- _Problem_: Write down, unchanged, the entries from the first line through the line holding "sent_bytes (_ ∷ fx) = sent_bytes fx". Include no other line.

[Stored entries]
::::::::

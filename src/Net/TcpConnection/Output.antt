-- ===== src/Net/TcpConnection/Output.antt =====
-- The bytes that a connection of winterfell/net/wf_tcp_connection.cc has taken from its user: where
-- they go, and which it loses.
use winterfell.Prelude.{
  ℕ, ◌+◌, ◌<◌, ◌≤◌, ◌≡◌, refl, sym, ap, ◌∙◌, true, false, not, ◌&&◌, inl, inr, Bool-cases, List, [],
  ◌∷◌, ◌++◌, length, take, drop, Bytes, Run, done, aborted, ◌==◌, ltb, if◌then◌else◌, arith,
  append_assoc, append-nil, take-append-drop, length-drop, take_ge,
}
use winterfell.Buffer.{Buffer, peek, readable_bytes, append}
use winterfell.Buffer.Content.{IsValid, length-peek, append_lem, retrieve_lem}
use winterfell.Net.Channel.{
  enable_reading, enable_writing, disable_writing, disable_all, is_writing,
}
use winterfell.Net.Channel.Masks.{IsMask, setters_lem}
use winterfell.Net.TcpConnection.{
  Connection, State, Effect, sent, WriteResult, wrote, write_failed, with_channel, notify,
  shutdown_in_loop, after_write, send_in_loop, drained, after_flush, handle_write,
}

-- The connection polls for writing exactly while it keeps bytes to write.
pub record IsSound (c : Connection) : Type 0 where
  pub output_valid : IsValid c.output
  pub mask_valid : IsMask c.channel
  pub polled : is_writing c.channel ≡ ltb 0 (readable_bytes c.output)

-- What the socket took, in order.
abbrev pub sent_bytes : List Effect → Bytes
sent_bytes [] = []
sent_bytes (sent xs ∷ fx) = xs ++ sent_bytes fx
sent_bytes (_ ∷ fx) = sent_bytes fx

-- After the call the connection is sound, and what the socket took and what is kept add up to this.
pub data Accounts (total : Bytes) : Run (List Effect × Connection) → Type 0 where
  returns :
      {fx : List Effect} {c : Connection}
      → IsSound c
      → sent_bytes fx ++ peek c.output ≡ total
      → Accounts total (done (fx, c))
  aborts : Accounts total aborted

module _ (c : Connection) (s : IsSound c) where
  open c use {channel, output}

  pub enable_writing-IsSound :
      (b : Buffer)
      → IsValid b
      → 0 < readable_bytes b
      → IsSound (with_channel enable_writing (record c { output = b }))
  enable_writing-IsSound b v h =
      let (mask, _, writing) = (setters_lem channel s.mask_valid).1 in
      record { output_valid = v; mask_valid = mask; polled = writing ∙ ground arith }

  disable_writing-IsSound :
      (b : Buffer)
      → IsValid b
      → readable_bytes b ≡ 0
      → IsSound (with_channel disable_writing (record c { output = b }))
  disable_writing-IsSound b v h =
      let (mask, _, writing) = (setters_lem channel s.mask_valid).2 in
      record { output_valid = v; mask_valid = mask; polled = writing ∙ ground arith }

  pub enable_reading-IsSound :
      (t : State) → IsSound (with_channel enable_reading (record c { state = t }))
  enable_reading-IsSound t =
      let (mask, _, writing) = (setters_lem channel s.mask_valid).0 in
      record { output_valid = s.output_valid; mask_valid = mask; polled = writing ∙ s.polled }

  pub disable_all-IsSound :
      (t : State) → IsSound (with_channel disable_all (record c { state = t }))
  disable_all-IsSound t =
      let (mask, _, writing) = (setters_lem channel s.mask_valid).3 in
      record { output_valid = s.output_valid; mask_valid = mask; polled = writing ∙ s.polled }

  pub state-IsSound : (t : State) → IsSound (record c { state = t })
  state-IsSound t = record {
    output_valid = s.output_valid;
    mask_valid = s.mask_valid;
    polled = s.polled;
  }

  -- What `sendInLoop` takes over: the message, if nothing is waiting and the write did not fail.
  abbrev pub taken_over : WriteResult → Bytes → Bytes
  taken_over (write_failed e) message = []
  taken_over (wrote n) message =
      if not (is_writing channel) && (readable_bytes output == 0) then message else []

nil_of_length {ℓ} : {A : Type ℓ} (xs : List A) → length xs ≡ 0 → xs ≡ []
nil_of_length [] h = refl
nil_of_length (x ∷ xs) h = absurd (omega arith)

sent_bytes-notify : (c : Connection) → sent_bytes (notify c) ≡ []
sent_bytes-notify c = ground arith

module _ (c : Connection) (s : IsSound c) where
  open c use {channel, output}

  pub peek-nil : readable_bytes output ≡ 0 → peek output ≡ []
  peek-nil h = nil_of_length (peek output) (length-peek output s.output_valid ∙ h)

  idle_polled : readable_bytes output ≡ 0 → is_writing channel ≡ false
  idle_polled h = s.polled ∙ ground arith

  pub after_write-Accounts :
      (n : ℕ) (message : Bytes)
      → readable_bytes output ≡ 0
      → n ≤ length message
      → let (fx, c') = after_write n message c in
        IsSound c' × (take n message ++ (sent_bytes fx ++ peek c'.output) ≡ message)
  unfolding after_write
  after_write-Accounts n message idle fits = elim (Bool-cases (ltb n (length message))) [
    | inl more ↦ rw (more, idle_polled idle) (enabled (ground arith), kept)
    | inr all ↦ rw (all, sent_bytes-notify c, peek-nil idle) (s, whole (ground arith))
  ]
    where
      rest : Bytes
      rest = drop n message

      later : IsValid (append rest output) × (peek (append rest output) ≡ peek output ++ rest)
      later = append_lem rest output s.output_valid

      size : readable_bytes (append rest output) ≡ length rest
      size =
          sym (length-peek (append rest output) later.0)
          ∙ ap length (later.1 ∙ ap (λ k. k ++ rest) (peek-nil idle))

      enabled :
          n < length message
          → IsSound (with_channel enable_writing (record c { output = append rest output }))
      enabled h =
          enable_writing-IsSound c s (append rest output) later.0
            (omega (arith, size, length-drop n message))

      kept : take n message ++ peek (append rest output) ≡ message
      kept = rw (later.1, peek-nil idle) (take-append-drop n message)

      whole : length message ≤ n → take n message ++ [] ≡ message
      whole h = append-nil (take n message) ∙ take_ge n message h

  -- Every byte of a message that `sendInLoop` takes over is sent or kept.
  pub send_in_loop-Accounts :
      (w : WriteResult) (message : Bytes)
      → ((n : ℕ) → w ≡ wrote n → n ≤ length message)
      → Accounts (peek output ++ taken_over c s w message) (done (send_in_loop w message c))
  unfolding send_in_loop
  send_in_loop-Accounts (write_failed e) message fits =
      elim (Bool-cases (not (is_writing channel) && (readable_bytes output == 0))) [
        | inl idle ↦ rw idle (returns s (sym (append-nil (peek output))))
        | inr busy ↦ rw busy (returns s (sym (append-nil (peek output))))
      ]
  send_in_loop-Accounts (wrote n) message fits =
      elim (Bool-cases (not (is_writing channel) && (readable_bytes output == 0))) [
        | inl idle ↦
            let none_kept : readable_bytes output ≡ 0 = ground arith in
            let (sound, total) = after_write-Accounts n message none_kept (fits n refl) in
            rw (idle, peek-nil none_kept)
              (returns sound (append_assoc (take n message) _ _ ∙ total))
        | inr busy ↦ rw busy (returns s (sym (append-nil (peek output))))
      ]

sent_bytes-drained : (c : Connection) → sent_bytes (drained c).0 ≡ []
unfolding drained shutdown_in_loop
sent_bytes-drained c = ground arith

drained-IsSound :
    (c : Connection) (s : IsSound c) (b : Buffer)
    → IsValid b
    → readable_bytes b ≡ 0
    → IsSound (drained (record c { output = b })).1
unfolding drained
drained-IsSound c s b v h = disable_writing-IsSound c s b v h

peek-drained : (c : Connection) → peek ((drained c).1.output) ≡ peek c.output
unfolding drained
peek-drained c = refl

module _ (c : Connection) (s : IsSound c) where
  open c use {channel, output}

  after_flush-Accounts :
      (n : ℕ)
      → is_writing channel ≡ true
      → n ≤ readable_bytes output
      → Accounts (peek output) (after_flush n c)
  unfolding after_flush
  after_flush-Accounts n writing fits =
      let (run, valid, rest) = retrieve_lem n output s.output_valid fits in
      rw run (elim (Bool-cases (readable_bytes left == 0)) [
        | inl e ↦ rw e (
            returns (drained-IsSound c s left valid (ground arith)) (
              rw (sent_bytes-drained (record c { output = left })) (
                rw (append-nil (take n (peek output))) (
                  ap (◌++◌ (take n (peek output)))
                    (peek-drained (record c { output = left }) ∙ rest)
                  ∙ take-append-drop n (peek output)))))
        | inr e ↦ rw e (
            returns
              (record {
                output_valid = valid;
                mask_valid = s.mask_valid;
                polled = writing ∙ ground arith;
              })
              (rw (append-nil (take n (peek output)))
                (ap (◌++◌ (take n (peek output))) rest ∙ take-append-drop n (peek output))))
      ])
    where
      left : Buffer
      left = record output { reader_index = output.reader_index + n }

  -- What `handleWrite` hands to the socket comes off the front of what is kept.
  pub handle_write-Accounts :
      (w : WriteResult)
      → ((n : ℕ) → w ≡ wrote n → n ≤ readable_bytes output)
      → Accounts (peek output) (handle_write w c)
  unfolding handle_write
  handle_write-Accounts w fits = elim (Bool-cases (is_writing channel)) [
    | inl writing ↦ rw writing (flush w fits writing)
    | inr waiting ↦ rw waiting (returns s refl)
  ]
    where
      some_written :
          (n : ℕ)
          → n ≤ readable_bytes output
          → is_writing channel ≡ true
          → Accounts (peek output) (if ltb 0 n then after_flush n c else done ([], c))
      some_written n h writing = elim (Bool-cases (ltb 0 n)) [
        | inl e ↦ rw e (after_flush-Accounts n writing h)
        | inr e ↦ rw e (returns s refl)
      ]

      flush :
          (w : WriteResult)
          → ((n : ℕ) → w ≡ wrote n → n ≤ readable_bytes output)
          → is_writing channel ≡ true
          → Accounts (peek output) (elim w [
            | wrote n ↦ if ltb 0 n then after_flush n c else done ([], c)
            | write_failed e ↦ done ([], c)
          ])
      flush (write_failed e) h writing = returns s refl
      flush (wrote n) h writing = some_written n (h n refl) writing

::::::::

- _Result of this exercise_:
filename src/Net/TcpConnection/Output.antt
-- ===== src/Net/TcpConnection/Output.antt =====
-- The bytes that a connection of winterfell/net/wf_tcp_connection.cc has taken from its user: where
-- they go, and which it loses.
use winterfell.Prelude.{
  ℕ, ◌+◌, ◌<◌, ◌≤◌, ◌≡◌, refl, sym, ap, ◌∙◌, true, false, not, ◌&&◌, inl, inr, Bool-cases, List, [],
  ◌∷◌, ◌++◌, length, take, drop, Bytes, Run, done, aborted, ◌==◌, ltb, if◌then◌else◌, arith,
  append_assoc, append-nil, take-append-drop, length-drop, take_ge,
}
use winterfell.Buffer.{Buffer, peek, readable_bytes, append}
use winterfell.Buffer.Content.{IsValid, length-peek, append_lem, retrieve_lem}
use winterfell.Net.Channel.{
  enable_reading, enable_writing, disable_writing, disable_all, is_writing,
}
use winterfell.Net.Channel.Masks.{IsMask, setters_lem}
use winterfell.Net.TcpConnection.{
  Connection, State, Effect, sent, WriteResult, wrote, write_failed, with_channel, notify,
  shutdown_in_loop, after_write, send_in_loop, drained, after_flush, handle_write,
}

-- The connection polls for writing exactly while it keeps bytes to write.
pub record IsSound (c : Connection) : Type 0 where
  pub output_valid : IsValid c.output
  pub mask_valid : IsMask c.channel
  pub polled : is_writing c.channel ≡ ltb 0 (readable_bytes c.output)

-- What the socket took, in order.
abbrev pub sent_bytes : List Effect → Bytes
sent_bytes [] = []
sent_bytes (sent xs ∷ fx) = xs ++ sent_bytes fx
sent_bytes (_ ∷ fx) = sent_bytes fx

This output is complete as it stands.